We do talk a lot about growth, but we don’t really give enough attention to the ever-changing ideas that govern this growth. You see, as humans, we are always on the lookout for fresh takes on different aspects of our lives. Such a setup ensures there is no stagnation across our core avenues, thus helping us in maintaining, and even improving, the trajectory of our lives. The said function also means that we end up unlocking some really innovative dimensions upon moving forward. While each uncovered dimension, so far, has proven to be influential for us under some capacity, one that really altered the whole picture was technology. If we are discussing technology’s most valuable achievement, it has to be how the creation segwayed us into a host of new possibilities. These possibilities will stagger themselves throughout the spectrum, including, of course, our global healthcare system. Since linking-up with technology, the definition of healthcare has changed beyond recognition. Even after literally reinventing our medical methodology, we continue to put-together bids for a better tomorrow. An example of our progressive thinking was recently delivered by Indiana University.
The researching team at Indiana University has successfully developed a silicon nanochip, which is specifically designed to instill genetic material into the skin. A conceived purpose here is to conduct tissue reprogramming within the skin to produce desired cells and tissue structures. By doing so, we can put ourselves in a position to address complications like neurological deficit. As a result, the technology carries real potential to be useful for administering agents that stimulate bone growth, blood vessel formation, nerve growth, muscle growth, and anti-tumor agents.

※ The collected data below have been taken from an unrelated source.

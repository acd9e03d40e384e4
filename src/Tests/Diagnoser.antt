-- ===== src/Tests/Diagnoser.antt =====
-- Witnesses for the diagnoser.
use Prim.Native.Nat.{◌/◌}
use native.Mathlib.Nat.{div-le_of_le-mul, mul-le-mul_right}
use dev_ops_agent_swarm.Base.{
  ℕ, ◌*◌, ◌≤◌, ◌≡◌, refl, String, Bool, true, false, List, [], ◌∷◌, none, some, length, All, leb,
  if◌then◌else◌, lookup, insert,
}
use dev_ops_agent_swarm.Base.Int.{ℤ, pos, ◌+ℤ◌}
use dev_ops_agent_swarm.Base.Compare.{value_eq, at_least}
use dev_ops_agent_swarm.Base.Result.{Result, ok, raise, http_error, value_error}
use dev_ops_agent_swarm.Base.Text.{contains}
use dev_ops_agent_swarm.Base.Value.{
  Value, nil, cons, Fields, end, field, null, str, int, list, dict, get, get_or,
}
use dev_ops_agent_swarm.Diagnoser.Context.{
  Telemetry, collected, collect_context, anomaly_time, get_recent_logs, get_recent_metrics,
}
use dev_ops_agent_swarm.Diagnoser.Correlation.{
  Tables, correlate, find_or_create_incident, latest, upgraded, severity_val, mapped, attached,
}
use dev_ops_agent_swarm.Diagnoser.Correlation.Severity.{Covers, AllRaised, correlate-Raised}
use dev_ops_agent_swarm.Diagnoser.Debate.{
  Scored, candidates, boosted, scored, resolve, chosen_from, ranked, insert_scored,
}
use dev_ops_agent_swarm.Diagnoser.Debate.Winner.{Best, resolve-Best}
use dev_ops_agent_swarm.Diagnoser.Engine.{
  handle_anomaly, process_anomaly, count_message, count_error, diagnose, save_diagnosis,
  publish_diagnosis, debated,
}
use dev_ops_agent_swarm.Diagnoser.Engine.Handoff.{
  Ignored, deliver_anomalies, deliver_anomalies-Ignored,
}
use dev_ops_agent_swarm.Diagnoser.Engine.Losses.{lost, deliver-lost}
use dev_ops_agent_swarm.Diagnoser.Hypothesis.{
  dummy, generate_hypothesis, generate_dummy_hypothesis, category_of,
}
use dev_ops_agent_swarm.Diagnoser.Rubric.{
  score, covered, score_evidence_coverage, score_temporal_fit, score_graph_plausibility,
  explained_count, grade_events, temporal_grade, shortly_after, least, least_from, direct, indirect,
  second_hand,
}
use dev_ops_agent_swarm.Diagnoser.Rubric.Bounds.{score_bounds}
use dev_ops_agent_swarm.Diagnoser.Rubric.Collected.{score-collect_context}
use dev_ops_agent_swarm.Diagnoser.State.{Diagnoser, Outside, session}
use dev_ops_agent_swarm.Messaging.Client.{acked, World, deliver, effects}
use dev_ops_agent_swarm.Messaging.Message.{Message, is_expired}
use dev_ops_agent_swarm.Orchestrator.State.{Incident}

-- `round(c / n * w, 1)` in tenths, rounded down
abbrev tenths : ℕ → ℕ → ℕ → ℕ
tenths c n w = c * (w * 10) / n

tenths_range : (c n w : ℕ) → c ≤ n → tenths c n w ≤ w * 10
tenths_range c n w h = div-le_of_le-mul n (mul-le-mul_right (w * 10) h)

abbrev no_words : Value → List String
no_words v = []

abbrev same_text : String → String
same_text s = s

abbrev says : String → Value → Bool
says s (dict d) = contains s (text_of (get_or "service" null d))
  where
    text_of : Value → String
    text_of (str t) = t
    text_of _ = ""
says s _ = false

-- a cascade from a database to the service that depends on it
abbrev event : String → ℕ → Value
event service at = dict (field "service" (str service) (field "timestamp" (int (pos at)) end))

abbrev cascade : Fields
cascade = field "anomalies" (list (cons (str "cpu") (cons (str "memory") nil))) (
    field "recent_events" (list (cons (event "postgres" 10) (cons (event "orders" 20) nil))) (
      field "affected_services" (list (cons (str "orders") nil)) (
        field "dependency_graph" (dict (field "orders" (list (cons (str "postgres") nil)) end))
          end)))

abbrev blames : String → Fields
blames service = field "root_cause_service" (str service) (
    field "root_cause_category" (str "database")
      (field "explained_anomalies" (list (cons (str "cpu") nil)) end))

score_postgres : score tenths no_words same_text says (blames "postgres") cascade ≡ ok 800
unfolding score covered score_evidence_coverage score_temporal_fit score_graph_plausibility
    explained_count grade_events temporal_grade shortly_after least least_from direct indirect
    second_hand get value_eq at_least contains
score_postgres = refl

score_bounds_example : 800 ≤ 1000
score_bounds_example =
    score_bounds tenths no_words same_text says tenths_range (blames "postgres") cascade
      score_postgres

-- the first alternative blames the root of the cascade, and the second one fails
abbrev alternatives : ℕ → Result (Fields × ℤ)
alternatives n = if leb n 1 then ok (blames "postgres", pos 40) else raise http_error

abbrev entry : String → ℕ → ℕ → Scored
entry service confidence points = record {
  hypothesis = blames service;
  confidence = pos confidence;
  rubric = points;
}

entries_of_cascade :
    scored tenths no_words same_text says cascade
      (candidates alternatives (blames "orders") (pos 50))
    ≡ ok (entry "orders" 50 410 ∷ entry "postgres" 40 800 ∷ [])
unfolding scored score covered score_evidence_coverage score_temporal_fit score_graph_plausibility
    explained_count grade_events temporal_grade shortly_after least least_from direct indirect
    second_hand get value_eq at_least contains
entries_of_cascade = refl

resolve-Best_example :
    (winner : Scored) × Best (entry "orders" 50 410 ∷ entry "postgres" 40 800 ∷ []) winner
    × (resolve tenths no_words same_text says alternatives cascade (blames "orders") (pos 50)
        ≡ ok (winner.hypothesis, boosted (blames "orders") winner.hypothesis winner.confidence))
resolve-Best_example =
    resolve-Best tenths no_words same_text says alternatives cascade (blames "orders") (pos 50)
      entries_of_cascade

resolved_cascade :
    resolve tenths no_words same_text says alternatives cascade (blames "orders") (pos 50)
    ≡ ok (blames "postgres", pos 50)
unfolding resolve chosen_from ranked insert_scored boosted scored score score_evidence_coverage
    covered score_temporal_fit score_graph_plausibility explained_count grade_events temporal_grade
    shortly_after least least_from direct indirect second_hand get value_eq at_least contains ◌+ℤ◌
resolved_cascade = refl

abbrev telemetry : Telemetry
telemetry = record {
  loki = λ service start stop. raise http_error;
  prometheus = λ metric service start stop. raise http_error;
  from_iso = λ s. raise value_error;
  four_digits = λ v. raise value_error;
  strip = λ s. s;
  with_offset = λ s. s;
  iso = λ t. "t";
  text_of = λ e. "error";
}

abbrev reported : Fields
reported =
    field "service" (str "orders")
      (field "metric" (str "cpu_usage") (field "severity" (str "critical") end))

abbrev noon : ℕ
noon = 1000000000

context_of_report :
    collect_context telemetry noon reported ≡ ok (collected telemetry reported 700000000 1060000000)
unfolding collect_context anomaly_time get
context_of_report = refl

score-collect_context_example :
    score tenths no_words same_text says
      (blames "postgres")
      (collected telemetry reported 700000000 1060000000)
    ≡ ok 500
score-collect_context_example =
    score-collect_context tenths no_words same_text says telemetry noon reported (blames "postgres")
      context_of_report

-- an incident that was detected a second before, and its row after the report
abbrev row : String → ℕ → Incident
row severity updated = record {
  id = "a";
  status = "detecting";
  severity = str severity;
  created_at = 999000000;
  updated_at = updated;
  state_entered_at = 999000000;
  resolved_at = none;
  diagnosis = none;
  diagnosis_confidence = null;
  root_cause_category = null;
  root_cause_service = null;
  remediation_actions = [];
  auto_resolved = false;
  resolution_summary = null;
  timeline = [];
  postmortem = none;
}

abbrev before : Tables
before = record { incidents = ("a", row "medium" 999000000) ∷ []; anomalies = [] }

abbrev after : Tables
after = record {
  incidents = ("a", row "critical" noon) ∷ [];
  anomalies =
      record {
        incident_id = "a";
        metric = str "cpu_usage";
        service = str "orders";
        severity = str "critical";
        description = null;
        value = null;
        threshold = null;
        detected_at = noon;
        raw_payload = reported;
      }
      ∷ [];
}

correlated : correlate same_text "b" noon reported before ≡ ok ((row "critical" noon, false), after)
unfolding correlate find_or_create_incident latest upgraded severity_val mapped attached insert get
correlated = refl

stored : lookup "a" before.incidents ≡ some (row "medium" 999000000)
unfolding lookup
stored = refl

unused : lookup "b" before.incidents ≡ none
unfolding lookup
unused = refl

correlate-Raised_example :
    (lookup "a" after.incidents ≡ some (row "critical" noon))
    × Covers same_text (str "critical") (row "critical" noon)
    × AllRaised same_text before.incidents after.incidents
unfolding get
correlate-Raised_example =
    correlate-Raised same_text "b" noon reported before (stored, tt) unused correlated

abbrev outside : Outside
outside = record {
  backend = dummy;
  reply = λ n context. raise http_error;
  telemetry = telemetry;
  to_int = λ v. ok (pos 0);
  rounded = tenths;
  words = no_words;
  lower = same_text;
  mentions = says;
}

abbrev anomaly : Message
anomaly = record {
  message_id = "m";
  correlation_id = "c";
  trace_id = "t";
  source_agent = "observer.metrics";
  target_agent = "diagnoser";
  message_type = "anomaly_detected";
  priority = 1;
  ttl_seconds = 300;
  timestamp = noon;
  retry_count = 0;
  payload = reported;
  context = end;
}

abbrev diagnosing : World Diagnoser
diagnosing = record {
  agent = record {
    agent_id = "diagnoser.rca.host";
    messages_processed = 0;
    errors = 0;
    tables = before;
    db_refusals = [];
  };
  bus = record {
    connected = true;
    refusals = [];
    uuids = λ n. record {
      message_uuid = "m";
      correlation_uuid = "d";
      trace_uuid = "t";
      created = noon;
    };
    built = 0;
    outbox = [];
  };
}

-- the report is diagnosed, and one message is published
diagnosed_report :
    length (deliver_anomalies outside ((noon, "b", anomaly) ∷ []) diagnosing).bus.outbox ≡ 1
unfolding deliver is_expired handle_anomaly process_anomaly count_message count_error diagnose
    save_diagnosis publish_diagnosis debated session effects correlate find_or_create_incident
    latest upgraded severity_val mapped attached collect_context anomaly_time collected
    get_recent_logs get_recent_metrics generate_hypothesis generate_dummy_hypothesis category_of
    insert lookup get
diagnosed_report = refl

deliver_anomalies-Ignored_example :
    All Ignored (deliver_anomalies outside ((noon, "b", anomaly) ∷ []) diagnosing).bus.outbox
deliver_anomalies-Ignored_example =
    deliver_anomalies-Ignored outside ((noon, "b", anomaly) ∷ []) diagnosing refl

-- the database refuses the first session
abbrev refusing : World Diagnoser
refusing = record diagnosing { agent = record (diagnosing.agent) { db_refusals = true ∷ [] } }

deliver-lost_example :
    deliver noon (handle_anomaly outside "b" noon) anomaly refusing ≡ (acked, lost refusing)
unfolding is_expired
deliver-lost_example = deliver-lost outside "b" noon anomaly refusing refl refl
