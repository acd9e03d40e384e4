-- ===== src/Tests/Fsm.antt =====
-- Witnesses and runs for the incident state machine, its timeline and the agent registry.
use dev_ops_agent_swarm.Base.{
  All, In, ℕ, ◌*◌, ◌≤◌, ◌≡◌, ◌↔◌, refl, String, true, List, [], ◌∷◌, some, none, any, length, Dict,
  filter,
}
use dev_ops_agent_swarm.Base.Int.{sub_ℕ}
use dev_ops_agent_swarm.Base.Result.{ok, raise, value_error}
use dev_ops_agent_swarm.Base.Value.{str, end, null}
use dev_ops_agent_swarm.Messaging.Message.{second}
use dev_ops_agent_swarm.Orchestrator.Fsm.{
  detecting, diagnosing, proposing_remediation, safety_review, executing, verifying, resolved, Fsm,
  transition, move, increment_retry, init, of_name,
}
use dev_ops_agent_swarm.Orchestrator.Fsm.Graph.{◌⟶◌, transition_iff}
use dev_ops_agent_swarm.Orchestrator.Fsm.History.{
  Call, goes, retries, run, is_approval, rank, run-gated, after,
}
use dev_ops_agent_swarm.Orchestrator.Router.{prune_stale_agents, get_available_agents}
use dev_ops_agent_swarm.Orchestrator.Router.Health.{dies, keys_of, prune_stale_agents_lem}
use dev_ops_agent_swarm.Orchestrator.State.{AgentInfo}
use dev_ops_agent_swarm.Orchestrator.Timeline.{Event, Case, generate_postmortem}
use dev_ops_agent_swarm.Orchestrator.Timeline.Durations.{total, generate_postmortem-total}

abbrev new_fsm : Fsm
new_fsm = record {
  incident_id = "inc-1";
  state = detecting;
  state_entered_at = 0;
  retry_count = 0;
  history = [];
}

abbrev in_review : Fsm
in_review = record new_fsm { state = safety_review; retry_count = 1 }

-- a life with one rejected attempt, one retry and one refused transition
abbrev life : List (ℕ × Call)
life =
    (1, goes diagnosing)
    ∷ (2, goes executing)
    ∷ (3, retries)
    ∷ (4, goes proposing_remediation)
    ∷ (5, goes safety_review)
    ∷ (6, goes executing)
    ∷ (7, goes verifying)
    ∷ (8, goes resolved)
    ∷ []

init_run : init "inc-1" "detecting" none 0 ≡ ok new_fsm
unfolding init of_name
init_run = refl

init_unknown : init "inc-1" "paused" none 0 ≡ raise value_error
unfolding init of_name
init_unknown = refl

life_resolves : (run life new_fsm).state ≡ resolved
unfolding run after transition increment_retry
life_resolves = refl

transition_iff_example :
    ((transition 9 executing in_review ≡ ok (move 9 executing in_review))
      ↔ (safety_review ⟶ executing))
    × ((transition 9 executing in_review ≡ raise value_error) ↔ (¬ (safety_review ⟶ executing)))
transition_iff_example = transition_iff 9 executing in_review

run-gated_example :
    (any is_approval (run life new_fsm).history ≡ true)
    × (rank (run life new_fsm).state ≤ length (run life new_fsm).history)
unfolding run after transition increment_retry
run-gated_example = run-gated life new_fsm refl refl refl

abbrev event : String → ℕ → Event
event kind at = record {
  event_type = kind;
  agent = "a";
  summary = null;
  details = end;
  timestamp = some at;
}

abbrev case : Case
case = record {
  incident_id = "inc-1";
  severity = str "high";
  status = "resolved";
  created_at = some 10;
  resolved_at = some 75;
  timeline =
      event "anomaly_detected" 10
      ∷ event "safety_approved" 30
      ∷ event "anomaly_detected" 50
      ∷ event "resolved" 75
      ∷ [];
  root_cause_category = null;
  root_cause_service = null;
  resolution_summary = null;
}

generate_postmortem-total_example :
    (total (generate_postmortem case).state_durations ≡ sub_ℕ 75 10)
    × All (λ d. In d case.timeline) (generate_postmortem case).key_decisions
    × (length (generate_postmortem case).key_decisions ≤ (generate_postmortem case).total_events)
generate_postmortem-total_example =
    generate_postmortem-total case 10 (30 ∷ 50 ∷ 75 ∷ []) (refl, (refl, (refl, (refl, tt))))

abbrev agent : String → ℕ → AgentInfo
agent id seen = record {
  agent_id = id;
  agent_type = str "agents.safety";
  hostname = str "h";
  status = str "healthy";
  last_seen_at = seen;
  metrics = end;
}

abbrev registry : Dict AgentInfo
registry = ("s1", agent "s1" 0) ∷ ("s2", agent "s2" (50 * second)) ∷ []

prune_run : (prune_stale_agents (100 * second) registry).1 ≡ "s1" ∷ []
unfolding prune_stale_agents
prune_run = refl

prune_stale_agents_lem_example :
    let (kept, dead) = prune_stale_agents (100 * second) registry in
    (dead ≡ keys_of (filter (dies (100 * second)) registry))
    × (prune_stale_agents (100 * second) kept ≡ (kept, []))
    × ((t : String)
        → get_available_agents (100 * second) t kept
          ≡ get_available_agents (100 * second) t registry)
prune_stale_agents_lem_example = prune_stale_agents_lem (100 * second) registry
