-- ===== src/Tests/Numbers.antt =====
-- The natural numbers as the numbers of the observer and the learner.
use dev_ops_agent_swarm.Base.{ℕ, ◌+◌, ◌-◌, ◌*◌, List, [], ◌∷◌, leb, nat_eq, arith}
use dev_ops_agent_swarm.Base.Int.{pos}
use dev_ops_agent_swarm.Base.Result.{Result, ok, raise, value_error}
use dev_ops_agent_swarm.Base.Value.{int}
use dev_ops_agent_swarm.Observer.Numbers.{Numbers, IsOrdered}

abbrev pub naturals : Numbers
naturals = record {
  Float = ℕ;
  of_nat = λ k. k;
  hundredth = 1;
  seven_tenths = 1;
  leb = leb;
  eqb = nat_eq;
  add = λ a b. a + b;
  sub = λ a b. a - b;
  mul = λ a b. a * b;
  div = λ a b. a;
  magnitude = λ a. a;
  rounded = λ digits a. a;
  mean = first;
  stdev = first;
  of_value = λ v. raise value_error;
  to_value = λ a. int (pos a);
}
  where
    first : List ℕ → Result ℕ
    first [] = raise value_error
    first (x ∷ xs) = ok x

pub naturals-IsOrdered : IsOrdered naturals
naturals-IsOrdered = record { total = λ a b h. ground arith; trans = λ a b c h k. ground arith }
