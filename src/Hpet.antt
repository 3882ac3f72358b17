-- ===== src/Hpet.antt =====
-- kernel/arch/x86_64/hpet.c: the timer that the kernel waits by. Its registers are read and written
-- through a `Bus` at their addresses; the messages are left out.
pub mod Sleep
use silkware.Base.{
  ℕ, ◌+◌, ◌*◌, ◌/◌, ◌==◌, if◌then◌else◌, Bool, true, false, Option, none, some, ltb, u32, u64, shr,
}
use silkware.Base.Exec.{Exec, done, panicked, fault, ◌>>=◌}
use silkware.Base.Spin.{spin}
use silkware.Ports.{Bus}

-- `hpet`, `clk` and `hpet_ready`
pub record Hpet : Type 0 where
  pub hpet : ℕ
  pub clk : ℕ
  pub hpet_ready : Bool

-- The offsets of the members of `struct hpet`.
abbrev pub config : ℕ
config = 0x10

abbrev pub main_ctr : ℕ
main_ctr = 0xf0

module _ {ℓ} {S : Type ℓ} (io : Bus S) where
  -- `tab` is the base that the table found by acpi_find gives, and `mapped` what map_anon returns.
  unfoldable pub hpet_init : Option ℕ → ℕ → Hpet → S → Exec (Hpet × S)
  hpet_init none mapped t s = panicked
  hpet_init (some base) mapped t s =
      let cap = io.input 8 mapped s in
      let s1 = io.output 8 (mapped + config) 0 cap.1 in
      let s2 = io.output 8 (mapped + main_ctr) 0 s1 in
      let s3 = io.output 8 (mapped + config) 1 s2 in
      done (record { hpet = mapped; clk = u32 (shr cap.0 32); hpet_ready = true }, s3)

  unfoldable pub read_hpet : Hpet → S → Exec (ℕ × S)
  read_hpet t s = if t.hpet_ready then done (io.input 8 (t.hpet + main_ctr) s) else panicked

  -- `(cur = read_hpet()) < end`
  unfoldable pub before_end : Hpet → ℕ → S → Exec (Bool × S)
  unfolding read_hpet
  before_end t end s = read_hpet t s >>= λ (r : ℕ × S). done (ltb r.0 end, r.1)

  -- A division by a `clk` of 0 is a fault.
  unfoldable pub timer_sleep_us : ℕ → Hpet → ℕ → S → Exec S
  unfolding read_hpet before_end spin
  timer_sleep_us fuel t us s = read_hpet t s >>= λ (r : ℕ × S).
      if t.clk == 0
      then fault
      else spin (before_end t (u64 (r.0 + u64 (us * 1000000000) / t.clk))) fuel r.1

  unfoldable pub timer_sleep_ms : ℕ → Hpet → ℕ → S → Exec S
  unfolding timer_sleep_us
  timer_sleep_ms fuel t ms s = timer_sleep_us fuel t (u64 (ms * 1000)) s

  unfoldable pub timer_count_ms : Hpet → S → Exec (ℕ × S)
  unfolding read_hpet
  timer_count_ms t s = read_hpet t s >>= λ (r : ℕ × S). done (r.0 / 1000, r.1)
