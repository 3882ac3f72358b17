-- ===== src/Mem.antt =====
-- kernel/mem.c: memmove, memcpy, memset and memcmp over a byte-addressed memory. Pointers are
-- addresses; an object does not wrap round the end of the address space.
pub mod Copy
pub mod Compare
use silkware.Base.{ℕ, zero, suc, ◌+◌, ◌-◌, Bool, ◌||◌, ltb, ◌==◌, if◌then◌else◌, u8}

abbrev pub Memory : Type 0
Memory = ℕ → ℕ

unfoldable pub store : Memory → ℕ → ℕ → Memory
store m p v a = if a == p then v else m a

-- `while (n--) dst8[n] = src8[n];`
copy_down : ℕ → ℕ → ℕ → Memory → Memory
copy_down dst src zero m = m
copy_down dst src (suc n) m = copy_down dst src n (store m (dst + n) (m (src + n)))

-- `for (i = 0; i < n; ++i) dst8[i] = src8[i];` from index `i`, with `left` rounds to go.
copy_up : ℕ → ℕ → ℕ → ℕ → Memory → Memory
copy_up dst src i zero m = m
copy_up dst src i (suc left) m = copy_up dst src (i + 1) left (store m (dst + i) (m (src + i)))

unfoldable pub memmove : ℕ → ℕ → ℕ → Memory → Memory
unfolding copy_down copy_up store
memmove dst src n m =
    if src == dst || n == 0
    then m
    else if ltb src dst
    then copy_down dst src n m
    else copy_up dst src 0 n m

unfoldable pub memcpy : ℕ → ℕ → ℕ → Memory → Memory
unfolding memmove
memcpy dst src n m = memmove dst src n m

unfoldable pub memset : ℕ → ℕ → ℕ → Memory → Memory
unfolding store
memset dst c zero m = m
memset dst c (suc n) m = memset dst c n (store m (dst + n) (u8 c))

-- The three results of `memcmp`.
pub data Sign : Type 0 where
  minus_one : Sign
  none_differ : Sign
  plus_one : Sign

-- `while (n--) if (s1[n] != s2[n]) return ...;`
unfoldable pub memcmp : ℕ → ℕ → ℕ → Memory → Sign
memcmp p1 p2 zero m = none_differ
memcmp p1 p2 (suc n) m =
    let rest = memcmp p1 p2 n m in
    if m (p1 + n) == m (p2 + n)
    then rest
    else if ltb (m (p1 + n)) (m (p2 + n))
    then minus_one
    else plus_one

When asked about the team’s approach with the nanochip, this is what one of the leads on the research, Chandan Sen said:
“For example, if someone’s blood vessels were damaged because of a traffic accident and they need blood supply, we can’t rely on the pre-existing blood vessel anymore because that is crushed, but we can convert the skin tissue into blood vessels and rescue the limb at risk.”
As far as the application part is concerned, the chip is applied to patient’s skin, and using an electric charge, it infuses genetic material within the tissue through hollow microneedles. There is all the more reason to feel optimistic regarding the technique, as initial trials for the same have conveyed concrete efficiency in terms of affecting gene expression.